同時にがちゃがちゃと音を立てて、右手に集中していた金属類が床に落ちていく。
きゅいいいいいいん、とモーターを回す音が聞こえて、有線で接続されていた右手は巻き上げられ、手首へと戻って行く。
同様に、火炎放射器となっていた左手もかちゃかちゃとたたまれ、数瞬後には左手が存在していた。

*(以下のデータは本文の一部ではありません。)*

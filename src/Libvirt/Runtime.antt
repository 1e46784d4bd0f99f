-- ===== src/Libvirt/Runtime.antt =====
-- The runtime of cross-node-rental/src/workspace/libvirt_provider.rs: the tenants, their ports and
-- the operations on them. Creation, start, stop and removal hold `lifecycle_lock` from their first
-- to their last step, and no other method changes the tenants or the ports, so that a history of
-- the runtime is one operation after the other. Here are its state and its texts.
pub mod Create
pub mod Operate
pub mod Holders
pub mod Accounting
pub mod Names
pub mod Removal
pub mod Status
use decentralized_cc_mesh_po.Base.{if◌then◌else◌, ℕ, Option, none, some, List, [], ◌∷◌, ◌++◌}
use decentralized_cc_mesh_po.Libvirt.Text.{Text, codes, text_eq, is_empty, take}
use decentralized_cc_mesh_po.Libvirt.Host.{History, Config}

pub record TenantState : Type 0 where
  pub host_port : ℕ
  pub tenant_ip : Option Text
  pub socat_pid : Option ℕ
  pub overlay_path : Text
  pub seed_path : Text
  pub serial_log_path : Text
  pub vnc_ws_port : Option ℕ

-- `HashMap<String, TenantState>`.
abbrev pub Tenants : Type 0
Tenants = List (Text × TenantState)

abbrev pub get : Text → Tenants → Option TenantState
get name [] = none
get name ((n, t) ∷ ts) = if text_eq n name then some t else get name ts

abbrev pub update : Text → (TenantState → TenantState) → Tenants → Tenants
update name f [] = []
update name f ((n, t) ∷ ts) = if text_eq n name then (n, f t) ∷ ts else (n, t) ∷ update name f ts

abbrev pub insert : Text → TenantState → Tenants → Tenants
insert name state [] = (name, state) ∷ []
insert name state ((n, t) ∷ ts) =
    if text_eq n name then (n, state) ∷ ts else (n, t) ∷ insert name state ts

abbrev pub delete : Text → Tenants → Tenants
delete name [] = []
delete name ((n, t) ∷ ts) = if text_eq n name then ts else (n, t) ∷ delete name ts

pub record Runtime : Type 0 where
  pub config : Config
  pub tenants : Tenants
  pub allocated_ports : List ℕ
  pub history : History

-- The fields of `ContainerConfig` that this runtime reads; the key is the value of
-- `SSH_AUTHORIZED_KEY` in `environment`.
pub record ContainerConfig : Type 0 where
  pub name : Option Text
  pub ssh_authorized_key : Option Text
  pub ram_mb : ℕ

-- `from_env`, where its checks of the host pass.
abbrev pub new : Config → History → Runtime
new c h = record { config = c; tenants = []; allocated_ports = []; history = h }

pub key_missing : Text
key_missing =
    codes
      "SSH_AUTHORIZED_KEY missing from ContainerConfig.environment — libvirt tenants need a public key for cloud-init authorized_keys"

pub key_malformed : Text
key_malformed =
    codes
      "SSH_AUTHORIZED_KEY is not a well-formed public key (must be one of ssh-ed25519 / ssh-rsa / ssh-dss / ecdsa-sha2-* / sk-* followed by a base64 blob, on a single line, no newlines or control bytes)"

pub name_invalid : Text → Text
name_invalid name =
    codes "tenant name '" ++ name ++ codes "' is invalid — must be 1..=64 chars of [a-zA-Z0-9_-]"

pub name_taken : Text → Text
name_taken name = codes "tenant '" ++ name ++ codes "' already exists"

pub not_tracked : Text → Text
not_tracked name = codes "tenant " ++ name ++ codes " not tracked in runtime state"

pub removed_during_start : Text → Text
removed_during_start name = codes "tenant " ++ name ++ codes " was removed during start_container"

-- The name asked for, or one made of the first eight digits of a UUID.
abbrev pub chosen_name : Option Text → Text → Text
chosen_name none uuid = codes "tenant-" ++ take 8 uuid
chosen_name (some n) uuid = if is_empty n then codes "tenant-" ++ take 8 uuid else n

78 名前:以下、名無しにかわりましてVIPがお送りします 投稿日:2009/09/17(木) 02:00:37.63 ID:fbz4XvuZ0
ノパ听)「いやー、危なかったな。行き成り銃ぶっぱなしてきやがって!」

あー! 珈琲牛乳がー! とぷんすか怒るヒートに、ツンはそろそろと尋ねた。

ξ゚听)ξ「あ、あの、ヒートちゃん、今のは……」

ノパ听)「あれ、いってなかったっけ」

ヒートは当然、という風に言う。


ノパ听)「俺、サイボーグなんだ!」


ああ、だからあんなに射撃が上手かったのか。
と、少しずれた事を、ツンは思った。

80 名前:以下、名無しにかわりましてVIPがお送りします 投稿日:2009/09/17(木) 02:01:23.26 ID:fbz4XvuZ0
VIP号を巡る物語は、ここからようやく始まろうとしていた。
舞台の幕は、半分ほど開かれた。

役者の半分は舞台へと上がり、自らに与えられた役割へと向う。

そしてまだ、役者は残っている。